C-CWEL Source Matching Work
This is NOT HARD, at least I don't think it should be. But it seems to trip someone up, often multiple someones, every single year. So here I have started to collect all of my verbose explanations and notes. It might just click with you right away. Or it might not. Either way is ok. This is not meant to be intimidating, just complete. :)
Big Picture Introduction -- an analogy that might be too fanciful?
When westerners first discovered the Americas, they had largely set out with the goal of finding gold or other treasure. They were coming at the new continent from the perspective of someone in a boat, with minimal information about what the landforms really were, except for what they could see with their own eyes. Their maps look strange to those of us used to seeing images of these landforms from space, but we have a whole lot more information now than they did then.

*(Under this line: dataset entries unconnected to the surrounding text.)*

-- ===== src/Sdk/Ranking/Laws.antt =====
-- The source that last succeeded goes first.
use relkit.Prelude.{
  ℕ, suc, ◌≡◌, refl, sym, ap, Bool, true, false, List, [], ◌∷◌, map, Str, arith, In, here, there,
  In-cons, ℤ, inl, inr, Bool-cases, subst, false≢true, ◌∙◌,
}
use relkit.Prelude.Sorting.{sort_by, sort_by-In, In-sort_by, sort_by-IsSorted, IsStrict, IsSorted}
use relkit.Sdk.State.{UpdateState}
use relkit.Sdk.Ranking.{
  Ranked, is_last, ranks_before, indexed, rank_by_learning, by_failures, by_speed, by_last, speed,
  failures_of,
}

failures_asym : (f i g j : ℕ) → by_failures f i g j ≡ true → by_failures g j f i ≡ false
unfolding by_failures
failures_asym f i g j h = ground arith

failures_trans :
    (f i g j h k : ℕ)
    → by_failures g j f i ≡ false
    → by_failures h k g j ≡ false
    → by_failures h k f i ≡ false
unfolding by_failures
failures_trans f i g j h k p q = ground arith

speed_asym :
    (a b : ℤ) (t u : Bool) → (t ≡ true → u ≡ false) → by_speed a b t ≡ true → by_speed b a u ≡ false
unfolding by_speed
speed_asym a b t u tie h = ground arith

speed_trans :
    (a b c : ℤ) (t u v : Bool)
    → (t ≡ false → u ≡ false → v ≡ false)
    → by_speed b a t ≡ false
    → by_speed c b u ≡ false
    → by_speed c a v ≡ false
unfolding by_speed
speed_trans a b c t u v tie p q = ground arith

last_asym :
    (a b : Bool) (t u : Bool)
    → (t ≡ true → u ≡ false)
    → by_last a b t ≡ true
    → by_last b a u ≡ false
unfolding by_last
last_asym a b t u tie h = ground arith

last_trans :
    (a b c : Bool) (t u v : Bool)
    → (t ≡ false → u ≡ false → v ≡ false)
    → by_last b a t ≡ false
    → by_last c b u ≡ false
    → by_last c a v ≡ false
unfolding by_last
last_trans a b c t u v tie p q = ground arith

module _ {ℓ} {A : Type ℓ} (s : UpdateState) where
  pub ranks_before-IsStrict : IsStrict (ranks_before {A = A} s)
  unfolding ranks_before
  ranks_before-IsStrict = record {
    asym = λ a b h.
        last_asym (is_last s a.key) (is_last s b.key) _ _
          (speed_asym (speed s a.key) (speed s b.key) _ _
            (failures_asym (failures_of s a.key) a.index (failures_of s b.key) b.index))
          h;
    not_trans = λ a b c h k.
        last_trans (is_last s a.key) (is_last s b.key) (is_last s c.key) _ _ _
          (speed_trans (speed s a.key) (speed s b.key) (speed s c.key) _ _ _ (
            failures_trans (failures_of s a.key) a.index (failures_of s b.key) b.index
              (failures_of s c.key) c.index))
          h k;
  }

  pub items-indexed :
      (i : ℕ) (key_of : A → Str) (xs : List A) → map (λ r. r.item) (indexed i key_of xs) ≡ xs
  unfolding indexed
  items-indexed i key_of [] = refl
  items-indexed i key_of (x ∷ xs) = ap (λ l. x ∷ l) (items-indexed (suc i) key_of xs)

  In-indexed :
      (i : ℕ) (key_of : A → Str) (x : A) (xs : List A)
      → In x xs
      → (r : Ranked A) × In r (indexed i key_of xs) × (r.key ≡ key_of x)
  unfolding indexed
  In-indexed i key_of x [] m = elim m [ ]
  In-indexed i key_of x (z ∷ xs) (here e) = (_, here refl, ap key_of (sym e))
  In-indexed i key_of x (z ∷ xs) (there m) =
      let (r, k, e) = In-indexed (suc i) key_of x xs m in (r, there k, e)

  indexed-key :
      (i : ℕ) (key_of : A → Str) (xs : List A) {r : Ranked A}
      → In r (indexed i key_of xs)
      → r.key ≡ key_of r.item
  unfolding indexed
  indexed-key i key_of [] m = elim m [ ]
  indexed-key i key_of (z ∷ xs) m = elim (In-cons m) [
    | inl e ↦ ap (λ (r : Ranked A). r.key) e ∙ sym (ap (λ (r : Ranked A). key_of r.item) e)
    | inr k ↦ indexed-key (suc i) key_of xs k
  ]

  last_low :
      (a b : Ranked A)
      → is_last s a.key ≡ true
      → ranks_before s a b ≡ false
      → is_last s b.key ≡ true
  unfolding ranks_before
  last_low a b h low = elim (Bool-cases (is_last s b.key)) [
    | inl t ↦ t
    | inr f ↦ absurd (false≢true (sym low ∙ rw (h, f)))
  ]

  sorted-last_first :
      (l : List (Ranked A)) (r : Ranked A)
      → IsSorted (ranks_before s) l
      → In r l
      → is_last s r.key ≡ true
      → (y : Ranked A) × (ys : List (Ranked A)) × (l ≡ y ∷ ys) × (is_last s y.key ≡ true)
  sorted-last_first [] r o m h = elim m [ ]
  sorted-last_first (y ∷ ys) r o m h = elim (In-cons m) [
    | inl e ↦ (y, ys, refl, subst (λ (z : Ranked A). is_last s z.key ≡ true) e h)
    | inr k ↦ (y, ys, refl, last_low r y h (o.0 r k))
  ]

  -- If an item has the key of the last success, then the first item that `RankByLearning` returns
  -- has it.
  pub rank-last_first :
      (key_of : A → Str) (x : A) (xs : List A)
      → In x xs
      → is_last s (key_of x) ≡ true
      → (y : A) × (ys : List A) × (rank_by_learning s key_of xs ≡ y ∷ ys)
        × (is_last s (key_of y) ≡ true)
  unfolding rank_by_learning
  rank-last_first key_of x [] i h = elim i [ ]
  rank-last_first key_of x (z ∷ []) i h = (
    z,
    [],
    refl,
    elim (In-cons i) [ inl e ↦ subst (λ v. is_last s (key_of v) ≡ true) e h | inr j ↦ elim j [ ] ],
  )
  rank-last_first key_of x (z ∷ w ∷ xs) i h =
      let l = indexed 0 key_of (z ∷ w ∷ xs) in
      let (r, m, e) = In-indexed 0 key_of x (z ∷ w ∷ xs) i in
      let (y, ys, p, q) =
        sorted-last_first (sort_by (ranks_before s) l) r
          (sort_by-IsSorted (ranks_before s) ranks_before-IsStrict l)
          (In-sort_by (ranks_before s) l m) (subst (λ k. is_last s k ≡ true) (sym e) h) in
      let listed = sort_by-In (ranks_before s) l (subst (λ v. In y v) (sym p) (here refl)) in
      (
        y.item,
        map (λ r. r.item) ys,
        ap (map (λ r. r.item)) p,
        subst (λ k. is_last s k ≡ true) (indexed-key 0 key_of (z ∷ w ∷ xs) listed) q,
      )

The first thing that these early Western explorers were able to attempt to map was the coasts, because that's what they had the most information about...and the most immediate need to know. They needed to know where coral reefs were that might damage their ships, and where the big rivers emptied into the sea so that they could take on more fresh water. They also could learn about more land faster when boating up the rivers rather than walking.
As more and more boats explored the coasts, the maps got better, but they still seem distorted compared to the landforms we know today. In some of these early maps of the Americas, when Europe and Africa were included, even the African coast on the Mediterranean side doesn't look all that realistic, compared to what we know now.
As the westerners pushed further and further into the land (in the Americas or for that matter Africa) from the coasts, their knowledge deepened about what the continent actually looked like, aided by improvements in technology (such as more accurate ways of measuring longitude). Their knowledge of the land started in clumps around the rivers, again because that's what they needed that best enabled them to travel the furthest. But, their knowledge expanded as fast as they could expand. And their goals changed too -- certainly some were still looking for treasure (or freedom from persecution, religious or otherwise), but more in the earliest years were just trying to survive (here I'm thinking of Jamestown or Roanoke). They explored to find more food to eat (critters or plants).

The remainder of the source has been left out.